He hiccupped, rubbing his eyes as the tears flowed down uncontrollably. “I…I m-mean,” he hiccupped once again, his shoulders abruptly rising and dropping as he convulsed with a helplessness of a little kid. “I don’t want to let…I don’t want to let go of this position. Damn it, Key, I know you deserve it, I know you do. But I…” He wiped his tears with the cuffs of his navy blue blazer, “I really love my job. I don’t…I can’t…I…”

 

And Jjong-hyung just sobbed there, unashamed of his tears.

 

These were the tears he would offer his alma mater: tears of sadness, tears of gratitude, tears of farewell.

 

Noona and Key-hyung got up from their seats in the front row, and climbed the stage.
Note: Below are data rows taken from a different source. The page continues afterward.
-- ===== src/Auth/Frontend/Exchange.antt =====
-- Authentication/Frontend.c: `connect_to_backend`, `write_all`, `read_all` and
-- `exchange_auth_request`. The loops meet one turn of the kernel in each round, as those of the backend
-- do, but test for a signal only behind an interrupted call.
pub mod Loops
pub mod Exchanged
pub mod Returns
use st5039cmd.Base.{
  ℕ, zero, suc, ◌-◌, Bool, true, false, List, [], ◌∷◌, ◌++◌, Option, none, some, length, take, drop,
  leb, if◌then◌else◌,
}
use st5039cmd.Auth.Protocol.{AuthRequest, AuthResponse}
use st5039cmd.Auth.Transfer.{
  ReadAnswer, received, read_interrupted, read_failed, WriteAnswer, written, write_interrupted,
  write_failed, Outcome, complete, aborted, waiting,
}
use st5039cmd.Auth.Server.{Act, opened, closed, auth_socket_path}

-- The call's answer, and `frontend_interrupted` behind an EINTR.
pub record Turn (A : Type 0) : Type 0 where
  pub answer : A
  pub interrupted : Bool

-- The loop of `write_all`: what the backend was sent, and the bytes from `cursor` on.
unfoldable pub write_from : List ℕ → List ℕ → List (Turn WriteAnswer) → Outcome × List ℕ
write_from sent [] turns = (complete, sent)
write_from sent (b ∷ bs) [] = (waiting, sent)
write_from sent (b ∷ bs) (t ∷ turns) = elim t.answer [
  | write_interrupted ↦ elim t.interrupted [
    | true ↦ (aborted, sent)
    | false ↦ write_from sent (b ∷ bs) turns
  ]
  | write_failed ↦ (aborted, sent)
  | written zero ↦ (aborted, sent)
  | written (suc k) ↦ write_from (sent ++ take (suc k) (b ∷ bs)) (drop (suc k) (b ∷ bs)) turns
]

unfoldable pub write_all : List ℕ → List (Turn WriteAnswer) → Outcome × List ℕ
unfolding write_from
write_all buffer turns = write_from [] buffer turns

-- The loop of `read_all`: the bytes in the buffer, and `length`.
unfoldable pub read_from : List ℕ → ℕ → List (Turn ReadAnswer) → Outcome × List ℕ
read_from got zero turns = (complete, got)
read_from got (suc n) [] = (waiting, got)
read_from got (suc n) (t ∷ turns) = elim t.answer [
  | read_interrupted ↦ elim t.interrupted [
    | true ↦ (aborted, got)
    | false ↦ read_from got (suc n) turns
  ]
  | read_failed ↦ (aborted, got)
  | received [] ↦ (aborted, got)
  | received (b ∷ bs) ↦ read_from (got ++ b ∷ bs) (suc n - length (b ∷ bs)) turns
]

unfoldable pub read_all : ℕ → List (Turn ReadAnswer) → Outcome × List ℕ
unfolding read_from
read_all n turns = read_from [] n turns

-- `sizeof(AuthResponse)` and how the compiler lays the two messages out.
pub record Layout : Type 0 where
  pub encode : AuthRequest → List ℕ
  pub response_size : ℕ
  pub decode : List ℕ → AuthResponse

-- What the kernel answers, and `frontend_interrupted` at the start.
pub record ExchangeAnswers : Type 0 where
  pub interrupted : Bool
  pub socket : Option ℕ
  pub sun_path_size : ℕ
  pub connects : Bool
  pub writes : List (Turn WriteAnswer)
  pub reads : List (Turn ReadAnswer)
  pub closes : Bool

-- An open socket, whether the path is too long for the address, and whether `connect` returns 0.
pub try_connect : ℕ → (too_long connects : Bool) → Option ℕ × List Act
try_connect fd true connects = (none, opened fd ∷ closed fd ∷ [])
try_connect fd false false = (none, opened fd ∷ closed fd ∷ [])
try_connect fd false true = (some fd, opened fd ∷ [])

-- Behind `socket`; `none` is the return of -1.
pub connect_socket : ExchangeAnswers → Option ℕ → Option ℕ × List Act
connect_socket a none = (none, [])
connect_socket a (some fd) =
    try_connect fd (leb a.sun_path_size (length auth_socket_path)) a.connects

unfoldable pub connect_to_backend : ExchangeAnswers → Option ℕ × List Act
unfolding try_connect connect_socket
connect_to_backend a = connect_socket a a.socket

-- How the exchange ends; what was opened and closed, what the backend was sent, and the response.
pub record Exchange : Type 0 where
  pub outcome : Outcome
  pub acts : List Act
  pub sent : List ℕ
  pub response : List ℕ

-- From the label `cleanup` on, with `result`.
pub finish_exchange : (closes : Bool) → ℕ → List Act → List ℕ → Outcome → List ℕ → Exchange
finish_exchange closes fd acts sent outcome response = record {
  outcome = if closes then outcome else aborted;
  acts = acts ++ closed fd ∷ [];
  sent = sent;
  response = response;
}

-- Behind `read_all`.
pub after_reading : (closes : Bool) → ℕ → List Act → List ℕ → Outcome × List ℕ → Exchange
after_reading closes fd acts sent (complete, bytes) =
    finish_exchange closes fd acts sent complete bytes
after_reading closes fd acts sent (aborted, bytes) =
    finish_exchange closes fd acts sent aborted bytes
after_reading closes fd acts sent (waiting, bytes) = record {
  outcome = waiting;
  acts = acts;
  sent = sent;
  response = bytes;
}

-- Behind `write_all`.
pub after_writing : ExchangeAnswers → ℕ → ℕ → List Act → Outcome × List ℕ → Exchange
after_writing a response_size fd acts (complete, sent) =
    after_reading a.closes fd acts sent (read_all response_size a.reads)
after_writing a response_size fd acts (aborted, sent) =
    finish_exchange a.closes fd acts sent aborted []
after_writing a response_size fd acts (waiting, sent) = record {
  outcome = waiting;
  acts = acts;
  sent = sent;
  response = [];
}

-- Behind `connect_to_backend`.
pub after_connecting : ExchangeAnswers → Layout → AuthRequest → Option ℕ × List Act → Exchange
after_connecting a l request (none, acts) = record {
  outcome = aborted;
  acts = acts;
  sent = [];
  response = [];
}
after_connecting a l request (some fd, acts) =
    after_writing a l.response_size fd acts (write_all (l.encode request) a.writes)

pub exchange_unless : (interrupted : Bool) → ExchangeAnswers → Layout → AuthRequest → Exchange
exchange_unless true a l request = record { outcome = aborted; acts = []; sent = []; response = [] }
exchange_unless false a l request = after_connecting a l request (connect_to_backend a)

unfoldable pub exchange_auth_request : ExchangeAnswers → Layout → AuthRequest → Exchange
unfolding finish_exchange after_reading after_writing after_connecting exchange_unless
exchange_auth_request a l request = exchange_unless a.interrupted a l request
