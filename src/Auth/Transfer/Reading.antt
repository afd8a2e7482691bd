-- ===== src/Auth/Transfer/Reading.antt =====
-- `read_all` against the stream of bytes that the peer sends, however the kernel cuts it.
use mathlib.Core.List.{append_assoc, append-nil}
use mathlib.Core.Path.{ap₂}
use st5039cmd.Base.{
  ℕ, zero, suc, ◌-◌, ◌≤◌, ◌<◌, ◌≡◌, ◌≢◌, refl, sym, ap, ◌∙◌, true, false, List, [], ◌∷◌, ◌++◌,
  length, take, length-append, arith, All, ◌⊎◌, inl, inr, Bool-cases, length-take,
}
use st5039cmd.Auth.Transfer.{
  ReadAnswer, received, read_interrupted, read_failed, Turn, Outcome, complete, aborted, waiting,
  read_from, read_all,
}

-- The bytes that the turns bring.
abbrev pub bytes_of : ReadAnswer → List ℕ
bytes_of (received bs) = bs
bytes_of read_interrupted = []
bytes_of read_failed = []

unfoldable pub arrived : List (Turn ReadAnswer) → List ℕ
arrived [] = []
arrived (t ∷ turns) = bytes_of t.answer ++ arrived turns

-- `read` never returns more than it was asked for, as long as the loop asks.
abbrev pub Honest : ℕ → List (Turn ReadAnswer) → Type 0
Honest zero turns = Unit {0}
Honest (suc n) [] = Unit {0}
Honest (suc n) (t ∷ turns) =
    (length (bytes_of t.answer) ≤ suc n) × Honest (suc n - length (bytes_of t.answer)) turns

-- No signal, no error, no end of the stream.
abbrev pub IsCalmAnswer : ReadAnswer → Type 0
IsCalmAnswer (received bs) = 0 < length bs
IsCalmAnswer read_interrupted = Unit {0}
IsCalmAnswer read_failed = ⊥

abbrev pub IsCalm : Turn ReadAnswer → Type 0
IsCalm t = (t.stop_before ≡ false) × (t.stop_after ≡ false) × IsCalmAnswer t.answer

nothing_moved :
    (got : List ℕ) (n : ℕ) (turns : List (Turn ReadAnswer))
    → read_from got (suc n) turns ≡ read_from (got ++ []) (suc n - 0) turns
nothing_moved got n turns = ap₂ (λ g k. read_from g k turns) (sym (append-nil got)) (omega arith)

-- One turn of a calm kernel moves its bytes into the buffer.
read_from-calm :
    (got : List ℕ) (n : ℕ) (t : Turn ReadAnswer) (turns : List (Turn ReadAnswer)) (a : ReadAnswer)
    → t.answer ≡ a
    → IsCalm t
    → read_from got (suc n) (t ∷ turns)
      ≡ read_from (got ++ bytes_of a) (suc n - length (bytes_of a)) turns
unfolding read_from
read_from-calm got n t turns (received []) e c =
    let some_byte : 0 < 0 = rw e at c.2 in absurd (omega arith)
read_from-calm got n t turns (received (b ∷ bs)) e c = rw (c.0, e, read_from)
read_from-calm got n t turns read_interrupted e c =
    rw (c.0, e, c.1, read_from) (nothing_moved got n turns)
read_from-calm got n t turns read_failed e c = absurd (rw e at c.2)

take_append :
    (bs rest : List ℕ) (n : ℕ)
    → length bs ≤ n
    → take n (bs ++ rest) ≡ bs ++ take (n - length bs) rest
take_append [] rest n h = ap (λ k. take k rest) (omega arith)
take_append (b ∷ bs) rest zero h = absurd (omega arith)
take_append (b ∷ bs) rest (suc n) h =
    ap (◌∷◌ b) (take_append bs rest n (omega arith) ∙ ap (λ k. bs ++ take k rest) (omega arith))

read_from-complete :
    (got : List ℕ) (n : ℕ) (turns : List (Turn ReadAnswer))
    → All IsCalm turns
    → Honest n turns
    → n ≤ length (arrived turns)
    → read_from got n turns ≡ (complete, got ++ take n (arrived turns))
unfolding arrived
read_from-complete got zero turns c h enough = unfold read_from in rw (append-nil got)
read_from-complete got (suc n) [] c h enough = absurd (omega arith)
read_from-complete got (suc n) (t ∷ turns) c h enough =
    let bs = bytes_of t.answer in
    read_from-calm got n t turns t.answer refl c.0
    ∙ read_from-complete (got ++ bs) (suc n - length bs) turns c.1 h.1
        (omega (arith, length-append bs (arrived turns)))
    ∙ ap (λ l. (complete, l))
        (append_assoc got bs (take (suc n - length bs) (arrived turns))
          ∙ ap (λ l. got ++ l) (sym (take_append bs (arrived turns) (suc n) h.0)))

-- A turn either ends the call with an error, or moves what it brought into the buffer.
read_from-turn :
    (got : List ℕ) (n : ℕ) (t : Turn ReadAnswer) (turns : List (Turn ReadAnswer)) (a : ReadAnswer)
    → t.answer ≡ a
    → t.stop_before ≡ false
    → (t.stop_after ≡ true) ⊎ (t.stop_after ≡ false)
    → (read_from got (suc n) (t ∷ turns) ≡ (aborted, got))
      ⊎ (read_from got (suc n) (t ∷ turns)
          ≡ read_from (got ++ bytes_of a) (suc n - length (bytes_of a)) turns)
unfolding read_from
read_from-turn got n t turns (received []) e free after = inl (rw (free, e, read_from))
read_from-turn got n t turns (received (b ∷ bs)) e free after = inr (rw (free, e, read_from))
read_from-turn got n t turns read_interrupted e free (inl stop) =
    inl (rw (free, e, stop, read_from))
read_from-turn got n t turns read_interrupted e free (inr on) =
    inr (rw (free, e, on, read_from) (nothing_moved got n turns))
read_from-turn got n t turns read_failed e free after = inl (rw (free, e, read_from))

read_from-stopped :
    (got : List ℕ) (n : ℕ) (t : Turn ReadAnswer) (turns : List (Turn ReadAnswer))
    → t.stop_before ≡ true
    → read_from got (suc n) (t ∷ turns) ≡ (aborted, got)
unfolding read_from
read_from-stopped got n t turns stop = rw (stop, read_from)

read_from-zero :
    (got : List ℕ) (turns : List (Turn ReadAnswer)) → read_from got 0 turns ≡ (complete, got)
unfolding read_from
read_from-zero got turns = refl

read_from-nil : (got : List ℕ) (n : ℕ) → read_from got (suc n) [] ≡ (waiting, got)
unfolding read_from
read_from-nil got n = refl

outcome_clash :
    {o p : Outcome} {xs ys : List ℕ} → o ≢ p → ◌≢◌ {A = Outcome × List ℕ} (o, xs) (p, ys)
outcome_clash ne e = ne (ap (λ q. q.0) e)

-- Whenever the call returns 0, the buffer holds exactly the first bytes that arrived.
pub read_from_sound :
    (got : List ℕ) (n : ℕ) (turns : List (Turn ReadAnswer)) (filled : List ℕ)
    → Honest n turns
    → read_from got n turns ≡ (complete, filled)
    → (n ≤ length (arrived turns)) × (filled ≡ got ++ take n (arrived turns))
unfolding arrived
read_from_sound got zero turns filled h e =
    (omega arith, ap (λ p. p.1) (sym e ∙ read_from-zero got turns) ∙ sym (append-nil got))
read_from_sound got (suc n) [] filled h e =
    absurd (outcome_clash (λ c. cc) (sym (read_from-nil got n) ∙ e))
read_from_sound got (suc n) (t ∷ turns) filled h e =
    let bs = bytes_of t.answer in
    elim (Bool-cases t.stop_before) [
      | inl stop ↦ absurd (outcome_clash (λ c. cc) (sym (read_from-stopped got n t turns stop) ∙ e))
      | inr free ↦
          elim (read_from-turn got n t turns t.answer refl free (Bool-cases t.stop_after)) [
            | inl over ↦ absurd (outcome_clash (λ c. cc) (sym over ∙ e))
            | inr moved ↦
                let (enough, same) =
                  read_from_sound (got ++ bs) (suc n - length bs) turns filled h.1
                    (sym moved ∙ e) in
                (
                  omega (arith, length-append bs (arrived turns)),
                  same
                      ∙ append_assoc got bs (take (suc n - length bs) (arrived turns))
                      ∙ ap (λ l. got ++ l) (sym (take_append bs (arrived turns) (suc n) h.0)),
                )
          ]
    ]

-- A call that returns 0 has filled the buffer with exactly the bytes that the peer sent first, in
-- order, however the kernel cut the stream and whatever signals came.
pub read_all_exact :
    (n : ℕ) (turns : List (Turn ReadAnswer)) (filled : List ℕ)
    → Honest n turns
    → read_all n turns ≡ (complete, filled)
    → (length filled ≡ n) × (filled ≡ take n (arrived turns))
unfolding read_all
read_all_exact n turns filled h e =
    let (enough, same) = read_from_sound [] n turns filled h e in
    (omega (arith, ap length same, length-take n (arrived turns)), same)

-- On a calm kernel that brings enough bytes the call returns 0.
pub read_all_returns :
    (n : ℕ) (turns : List (Turn ReadAnswer))
    → All IsCalm turns
    → Honest n turns
    → n ≤ length (arrived turns)
    → read_all n turns ≡ (complete, take n (arrived turns))
unfolding read_all
read_all_returns n turns c h enough = read_from-complete [] n turns c h enough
Minho-hyung followed suit, running from his seat in the audience. As Minho-hyung and Key-hyung patted Jjong-hyung’s back, Noona smiled at him as she crossed her arms.

 

“You idiot. If you were going to cry like this, then you should have just let me read the speech for you. You know how heartless I am,” she said monotonously. Despite the flat tune, we all knew she was joking, and I giggled at the scene.

 

 

I saw some students start to cry as well, moved by the close friendship the four displayed on stage.

 

I smiled forlornly.

 

My high school sunbaes were really tight, as if they've known each other all their lives, when in fact, it has only been a few years since their first meeting. I, too, would have joined them if it weren’t for the insecurity that stirred in my being. For some unknown reason, I felt like I would be intruding, imposing, if I had gone over to them.

 

It was then that I realized how different I was from them. My Hyungs and Noona belonged to another world and I didn’t quite understand what they all felt and went through simply because I was still in Junior High. For the very first time, I felt so far from them, and even more so from Noona and Jjong-hyung who were the oldest.

 

I tried to comprehend, accept the psychological distance that separated me from them, but I couldn’t. I couldn’t because it pained me to know that by the time I enter High School, Noona and Jjong-hyung would have been gone, and in a few years time, Key-hyung and Minho-hyung would leave as well, and I would be the only one left.

 

The future scared me, because I didn’t want to be alone. I wanted, needed them with me. I was so clingy, I knew, but I…

 

I sniffled.

 

My vision blurred as tears began to rain down my cheeks. And I was glad that it happened on an occasion such as this, when everyone else was crying.

 

 

My heart hurt.

 

I don’t want them to go.

 

 

 

Please, stay. I’ll do anything for all of you to stay. I’ll even bring Onew-hyung back.

 

 

 

 

“Taeminnie, are you all right?”

 

As soon as the tears started to pour out, I rushed to the washroom, and stayed there, sobbing until the ceremonies were over. After washing my face, and frowning at how puffy and red my eyes and nose were, I went out of the comfort room, only to be greeted by Noona who leaned against the wall.

 

She was waiting for me.

 

 

 

“I…I’m fine, Noona,” I replied, but my tone gave it away.

 

“You know that I know when you’re lying, Taeminnie,” she cooed, my head. “Now tell Noona why you suddenly walked out of the hall and never came back.”

 

I bit my lip and pouted, reaching out for her blazer and holding it tight. I rested my forehead on her shoulder, and forced myself not to cry because I knew she didn’t like it when I did. I swallowed down the tears that were threatening to fall any minute.

 

“Because I’m scared, Noona,” I said, and left it at that.

 

I knew she would understand me.

 

And she did, as she gave me a comforting bear hug and whispered, “Don’t be. Noona will always be here for you.”

 

 

And even if I knew it was (or at least, treated it as if it were) a lie, even if I knew that she would be off to another city in a matter of weeks, I still believed her. She knew how to make me feel better, she knew how to make me love her.

 

 

“Noona, that’s a promise, okay?”

 

“Even without taking a vow, I would ensure it.” 

 

 


 

Author's Note:

Hello, everyone! Sorry for making you wait!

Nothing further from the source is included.